1. **Reads file content** in 8KB chunks (memory efficient)
2. **Computes SHA256 hash** of the entire content
3. **Preserves file extension** from original filename
4. **Renames file** to `{hash}{extension}`

**Example:**
```bash
# Original file: "meeting_notes_2024.txt"
# Content hash: "a1b2c3d4e5f6..."
# New filename: "a1b2c3d4e5f6...txt"
```

## API Usage

Use as a Python library:

```python
from namecrawler.cli import sha256sum, rename_file
from pathlib import Path

# Get hash of a file
file_path = Path("document.pdf")
file_hash = sha256sum(file_path)
print(f"SHA256: {file_hash}")

# Rename using hash
new_path = rename_file(file_path)
print(f"Renamed to: {new_path}")
```

## Comparison with Other Tools

| Tool | Method | Reversible | Privacy | Speed |
|------|--------|------------|---------|-------|
| namecrawler | SHA256 hash | No | High | Fast |
| Manual rename | User input | Yes | ❌ Low | ❌ Slow |
| UUID tools | Random UUID | No | High | Fast |
| Timestamp tools | Current time | No | ❌ Low | Fast |

**Advantages over alternatives:**
- More meaningful than UUIDs (hash reveals if content changed)
- More private than timestamps (no metadata leakage)
- Deterministic (unlike random UUIDs)
- Built-in deduplication (same content = same hash)

## Requirements

- Python 3.8+
- No external dependencies (uses stdlib only)

## Limitations

- **Not reversible**: You cannot recover the original filename from the hash
- **Same content = same name**: Files with identical content get identical names
- **No metadata preservation**: Original filename lost (keep a mapping if needed)

## Advanced Usage

### Keep a rename log

```bash
# Create a simple mapping log
for file in *.pdf; do
  echo "$file -> $(namecrawler "$file")" >> rename_log.txt
done
```

### Undo by using a log

namecrawler doesn't include undo (by design - hashes are one-way), but you can create your own:

```python
import json
from pathlib import Path

# Before renaming, save a log
log = {}
for file in Path('.').glob('*.pdf'):
    from namecrawler.cli import sha256sum
    hash_name = sha256sum(file) + file.suffix
    log[hash_name] = str(file)

with open('rename_map.json', 'w') as f:
    json.dump(log, f, indent=2)

# Later, restore using the log
with open('rename_map.json') as f:
    log = json.load(f)
    for hash_name, original in log.items():
        Path(hash_name).rename(original)
```

## Security Note

SHA256 hashes are **cryptographically secure** but **not secret**. If someone has the original file, they can compute the same hash.
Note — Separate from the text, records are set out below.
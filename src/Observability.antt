-- ===== src/Observability.antt =====
-- observability/: the metrics of a request, and the two exporters of spans. The clients of
-- Prometheus, OpenTelemetry and Langfuse are parameters or the list of what they are handed.
pub mod Counted
pub mod Parents
use llmops_gateway.Prelude.{
  ℕ, zero, suc, ◌+◌, ◌*◌, String, Bool, true, false, ◌&&◌, Option, none, some, or_else, truthy,
  List, [], ◌∷◌, ◌++◌, ◌==◌, string_eq, nat_eq, if◌then◌else◌,
}
use llmops_gateway.Json.{Json, null, text, obj, fields}
use llmops_gateway.Errors.{Exn, Result, ok, err, Exec}
use llmops_gateway.Tracing.{TraceSpan}
use llmops_gateway.Workers.Payloads.{optional_text, text_values}

-- The samples of the histogram and the counters, by their labels. Costs and times are in the units
-- of Domain/Chat.
pub record Metrics : Type 0 where
  pub request_latency : String → String → List ℕ
  pub cache_lookups_total : String → String → ℕ
  pub provider_requests_total : String → String → String → ℕ
  pub request_cost_usd_total : String → String → String → ℕ

abbrev pub add_at2 : String → String → ℕ → (String → String → ℕ) → String → String → ℕ
add_at2 a b n counter x y = if (x == a) && (y == b) then counter x y + n else counter x y

abbrev pub add_at3 :
    String → String → String → ℕ → (String → String → String → ℕ) → String → String → String → ℕ
add_at3 a b c n counter x y z =
    if (x == a) && (y == b) && (z == c) then counter x y z + n else counter x y z

abbrev pub observe_at : String → String → ℕ → (String → String → List ℕ) → String → String → List ℕ
observe_at a b n histogram x y =
    if (x == a) && (y == b) then histogram x y ++ (n ∷ []) else histogram x y

pub record Observed : Type 0 where
  pub route : String
  pub tenant_id : String
  pub provider : String
  pub model : String
  pub cache_status : String
  pub latency_ms : ℕ
  pub cost_usd : ℕ

unfoldable pub record_request_metrics : Observed → Metrics → Metrics
record_request_metrics o m = record {
  request_latency = observe_at o.route o.cache_status o.latency_ms m.request_latency;
  cache_lookups_total = add_at2 "combined" o.cache_status 1 m.cache_lookups_total;
  provider_requests_total = add_at3 o.provider o.model "success" 1 m.provider_requests_total;
  request_cost_usd_total =
      if o.cost_usd == 0
      then m.request_cost_usd_total
      else add_at3 o.tenant_id o.provider o.model o.cost_usd m.request_cost_usd_total;
}

-- A span that the tracer was handed; a parent is the place of an earlier one.
pub record OtelSpan : Type 0 where
  pub name : String
  pub parent : Option ℕ
  pub start_time : ℕ
  pub end_time : ℕ
  pub attributes : List (String × String)

abbrev pub to_epoch_nanos : ℕ → ℕ
to_epoch_nanos moment = moment * 1000000

unfoldable pub start_span : TraceSpan → Option ℕ → OtelSpan
start_span span parent_context = record {
  name = span.span_name;
  parent = parent_context;
  start_time = to_epoch_nanos span.started_at;
  end_time = to_epoch_nanos (or_else span.ended_at span.started_at);
  attributes = ("llmops.trace_id", span.trace_id) ∷ span.metadata;
}

-- `contexts.get(id)`: the last entry made for the id.
abbrev pub context_of : String → List (String × ℕ) → Option ℕ
context_of id [] = none
context_of id ((j, n) ∷ contexts) = if j == id then some n else context_of id contexts

abbrev pub parent_context : List (String × ℕ) → Option String → Option ℕ
parent_context contexts parent_span_id =
    if truthy parent_span_id then context_of (or_else parent_span_id "") contexts else none

-- The loop of `OtelTraceExporter.export`, at its `n`-th round.
unfoldable pub export_from : ℕ → List (String × ℕ) → List TraceSpan → List OtelSpan
export_from n contexts [] = []
export_from n contexts (span ∷ spans) =
    start_span span (parent_context contexts span.parent_span_id)
    ∷ export_from (suc n) ((span.span_id, n) ∷ contexts) spans

unfoldable pub otel_export : List TraceSpan → List OtelSpan
unfolding export_from
otel_export spans = export_from 0 [] spans

-- How `datetime` prints a time, and the ids that `uuid4` draws.
pub record EventTools : Type 0 where
  pub isoformat : ℕ → String
  pub uuid : ℕ → String

abbrev pub end_time : EventTools → Option ℕ → Json
end_time tools none = null
end_time tools (some t) = text (tools.isoformat t)

abbrev pub span_event : EventTools → String → ℕ → TraceSpan → Json
span_event tools now_iso n span = obj (
    fields (
      ("id", text (tools.uuid n))
      ∷ ("timestamp", text now_iso)
      ∷ ("type", text "span-create")
      ∷ (
        "body",
        obj (
            fields (
              ("id", text span.span_id)
              ∷ ("traceId", text span.trace_id)
              ∷ ("parentObservationId", optional_text span.parent_span_id)
              ∷ ("name", text span.span_name)
              ∷ ("startTime", text (tools.isoformat span.started_at))
              ∷ ("endTime", end_time tools span.ended_at)
              ∷ ("metadata", obj (fields (text_values span.metadata)))
              ∷ [])),
      )
      ∷ []))

abbrev pub span_events : EventTools → String → ℕ → List TraceSpan → List Json
span_events tools now_iso n [] = []
span_events tools now_iso n (span ∷ spans) =
    span_event tools now_iso n span ∷ span_events tools now_iso (suc n) spans

abbrev pub trace_event : EventTools → String → String → Json
trace_event tools now_iso trace_id = obj (
    fields (
      ("id", text (tools.uuid 0))
      ∷ ("timestamp", text now_iso)
      ∷ ("type", text "trace-create")
      ∷ (
        "body",
        obj (
            fields (
              ("id", text trace_id)
              ∷ ("name", text "chat_completion")
              ∷ ("timestamp", text now_iso)
              ∷ [])),
      )
      ∷ []))

-- `_build_events`, of the spans of an export, the first of them apart.
unfoldable pub build_events : EventTools → ℕ → TraceSpan → List TraceSpan → List Json
build_events tools now first spans =
    let now_iso = tools.isoformat now in
    trace_event tools now_iso first.trace_id ∷ span_events tools now_iso 1 (first ∷ spans)

-- `post` sends the batch: a status is only logged, and of the exceptions `is_http_error` says which
-- are caught.
pub record Ingestion (W : Type 0) : Type 0 where
  pub post : List Json → Exec W ℕ
  pub is_http_error : Exn → Bool
  pub now : W → ℕ
  pub tools : EventTools

module _ {W : Type 0} (i : Ingestion W) where
  abbrev pub settled : Result ℕ × W → Result (Unit {0}) × W
  settled (ok status_code, w) = (ok tt, w)
  settled (err e, w) = (if i.is_http_error e then ok tt else err e, w)

  unfoldable pub langfuse_export : List TraceSpan → Exec W (Unit {0})
  unfolding build_events
  langfuse_export [] w = (ok tt, w)
  langfuse_export (first ∷ spans) w =
      settled (i.post (build_events i.tools (i.now w) first spans) w)

-- The exporters that the settings ask for.
pub record ExporterSettings : Type 0 where
  pub tracing_enabled : Bool
  pub langfuse_enabled : Bool
  pub langfuse_public_key : Option String
  pub langfuse_secret_key : Option String

unfoldable pub build_trace_exporters : {A : Type 0} → ExporterSettings → A → A → List A
build_trace_exporters settings otel langfuse =
    (if settings.tracing_enabled then otel ∷ [] else [])
    ++ (if settings.langfuse_enabled
          && truthy settings.langfuse_public_key
          && truthy settings.langfuse_secret_key
        then langfuse ∷ []
        else [])
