-- ===== src/Observability/Counted.antt =====
-- What the metrics of observability/metrics.py count.
use llmops_gateway.Prelude.{
  ◌+◌, String, true, false, ◌≡◌, refl, ◌==◌, string_eq, nat_eq, eq_iff, arith,
}
use llmops_gateway.Observability.{Metrics, Observed, record_request_metrics}

-- Whatever the status of the cache, an answer from it included, a request counts as one successful
-- call of the provider, and no call with another outcome is ever counted.
pub record_request_metrics-success :
    (o : Observed) (m : Metrics) (provider model outcome : String)
    → (outcome == "success") ≡ false
    → ((record_request_metrics o m).provider_requests_total o.provider o.model "success"
        ≡ m.provider_requests_total o.provider o.model "success" + 1)
      × ((record_request_metrics o m).provider_requests_total provider model outcome
          ≡ m.provider_requests_total provider model outcome)
unfolding record_request_metrics
record_request_metrics-success o m provider model outcome other =
    let p : (o.provider == o.provider) ≡ true = (eq_iff o.provider o.provider).1 refl in
    let q : (o.model == o.model) ≡ true = (eq_iff o.model o.model).1 refl in
    (rw (p, q), ground arith)
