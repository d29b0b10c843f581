-- ===== src/Observability/Parents.antt =====
-- That one pass of `OtelTraceExporter.export` finds the parents.
use llmops_gateway.Prelude.{
  ℕ, suc, ◌+◌, String, true, false, ◌≡◌, refl, ap, ◌∙◌, some, truthy, List, [], ◌∷◌, ◌++◌, ◌==◌,
  string_eq, eq_iff, length, length-append, All, arith,
}
use llmops_gateway.Tracing.{TraceSpan}
use llmops_gateway.Observability.{
  OtelSpan, start_span, context_of, parent_context, export_from, otel_export,
}

-- The contexts after a number of rounds.
abbrev contexts_after : ℕ → List TraceSpan → List (String × ℕ) → List (String × ℕ)
contexts_after n [] contexts = contexts
contexts_after n (span ∷ spans) contexts =
    contexts_after (suc n) spans ((span.span_id, n) ∷ contexts)

export-append :
    (n : ℕ) (contexts : List (String × ℕ)) (xs ys : List TraceSpan)
    → export_from n contexts (xs ++ ys)
      ≡ export_from n contexts xs ++ export_from (n + length xs) (contexts_after n xs contexts) ys
unfolding export_from
export-append n contexts [] ys =
    let e : n ≡ n + 0 = omega arith in ap (λ k. export_from k contexts ys) e
export-append n contexts (x ∷ xs) ys =
    let e : suc n + length xs ≡ n + suc (length xs) = omega arith in
    let later = contexts_after (suc n) xs ((x.span_id, n) ∷ contexts) in
    ap (λ rest. start_span x (parent_context contexts x.parent_span_id) ∷ rest)
      (export-append (suc n) ((x.span_id, n) ∷ contexts) xs ys
        ∙ ap (λ k. export_from (suc n) ((x.span_id, n) ∷ contexts) xs ++ export_from k later ys) e)

contexts-append :
    (n : ℕ) (contexts : List (String × ℕ)) (xs ys : List TraceSpan)
    → contexts_after n (xs ++ ys) contexts
      ≡ contexts_after (n + length xs) ys (contexts_after n xs contexts)
contexts-append n contexts [] ys =
    let e : n ≡ n + 0 = omega arith in ap (λ k. contexts_after k ys contexts) e
contexts-append n contexts (x ∷ xs) ys =
    let e : suc n + length xs ≡ n + suc (length xs) = omega arith in
    let later = contexts_after (suc n) xs ((x.span_id, n) ∷ contexts) in
    contexts-append (suc n) ((x.span_id, n) ∷ contexts) xs ys
    ∙ ap (λ k. contexts_after k ys later) e

length-export_from :
    (n : ℕ) (contexts : List (String × ℕ)) (xs : List TraceSpan)
    → length (export_from n contexts xs) ≡ length xs
unfolding export_from
length-export_from n contexts [] = refl
length-export_from n contexts (x ∷ xs) =
    ap suc (length-export_from (suc n) ((x.span_id, n) ∷ contexts) xs)

context_kept :
    (id : String) (n : ℕ) (xs : List TraceSpan) (contexts : List (String × ℕ))
    → All (λ x. (x.span_id == id) ≡ false) xs
    → context_of id (contexts_after n xs contexts) ≡ context_of id contexts
context_kept id n [] contexts h = refl
context_kept id n (x ∷ xs) contexts h =
    context_kept id (suc n) xs ((x.span_id, n) ∷ contexts) h.1 ∙ rw h.0

-- A span whose parent was created before it, with no span of the parent's id in between, is handed
-- to the tracer at its own place and with the place of that parent.
pub otel_export_parent :
    (a b later : List TraceSpan) (parent child : TraceSpan)
    → child.parent_span_id ≡ some parent.span_id
    → truthy (some parent.span_id) ≡ true
    → All (λ x. (x.span_id == parent.span_id) ≡ false) b
    → (before : List OtelSpan) × (after : List OtelSpan) × (otel_export
          ((a ++ (parent ∷ b)) ++ (child ∷ later))
        ≡ before ++ (start_span child (some (length a)) ∷ after))
      × (length before ≡ length a + suc (length b))
unfolding otel_export export_from
otel_export_parent a b later parent child has named between =
    let xs = a ++ (parent ∷ b) in
    let contexts = contexts_after 0 xs [] in
    let z : 0 + length a ≡ length a = omega arith in
    let z' : 0 + length xs ≡ length xs = omega arith in
    let own : (parent.span_id == parent.span_id) ≡ true =
      (eq_iff parent.span_id parent.span_id).1 refl in
    let found : context_of parent.span_id contexts ≡ some (length a) =
      ap (context_of parent.span_id) (contexts-append 0 [] a (parent ∷ b))
      ∙ (ap (λ k. context_of parent.span_id (contexts_after k (parent ∷ b) (contexts_after 0 a [])))
            z
          ∙ (context_kept parent.span_id (suc (length a)) b
                ((parent.span_id, length a) ∷ contexts_after 0 a []) between
              ∙ rw own)) in
    let parented : parent_context contexts child.parent_span_id ≡ some (length a) =
      rw (has, named) found in
    let rest = export_from (suc (length xs)) ((child.span_id, length xs) ∷ contexts) later in
    (
      export_from 0 [] xs,
      rest,
      export-append 0 [] xs (child ∷ later)
          ∙ (ap (λ k. export_from 0 [] xs ++ export_from k contexts (child ∷ later)) z'
              ∙ ap (λ p. export_from 0 [] xs ++ (start_span child p ∷ rest)) parented),
      length-export_from 0 [] xs ∙ length-append a (parent ∷ b),
    )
Use namecrawler for:
- Privacy (hiding original filenames)
- Deduplication (finding identical files)
- Content-addressing (organizing by content)

**Don't use for:**
- Security (anyone with original can verify hash)
- Encryption (filenames are not encrypted)
- Authentication (hashes alone don't prove ownership)

## License

MIT License - see LICENSE file

## Author

**Luke Steuber**

- Website: [lukesteuber.com](https://lukesteuber.com)
- GitHub: [@lukeslp](https://github.com/lukeslp)
- Bluesky: [@lukesteuber.com](https://bsky.app/profile/lukesteuber.com)

---

**Fun fact**: The name "namecrawler" reflects how the tool "crawls" through file content to generate a name, rather than using metadata or user input.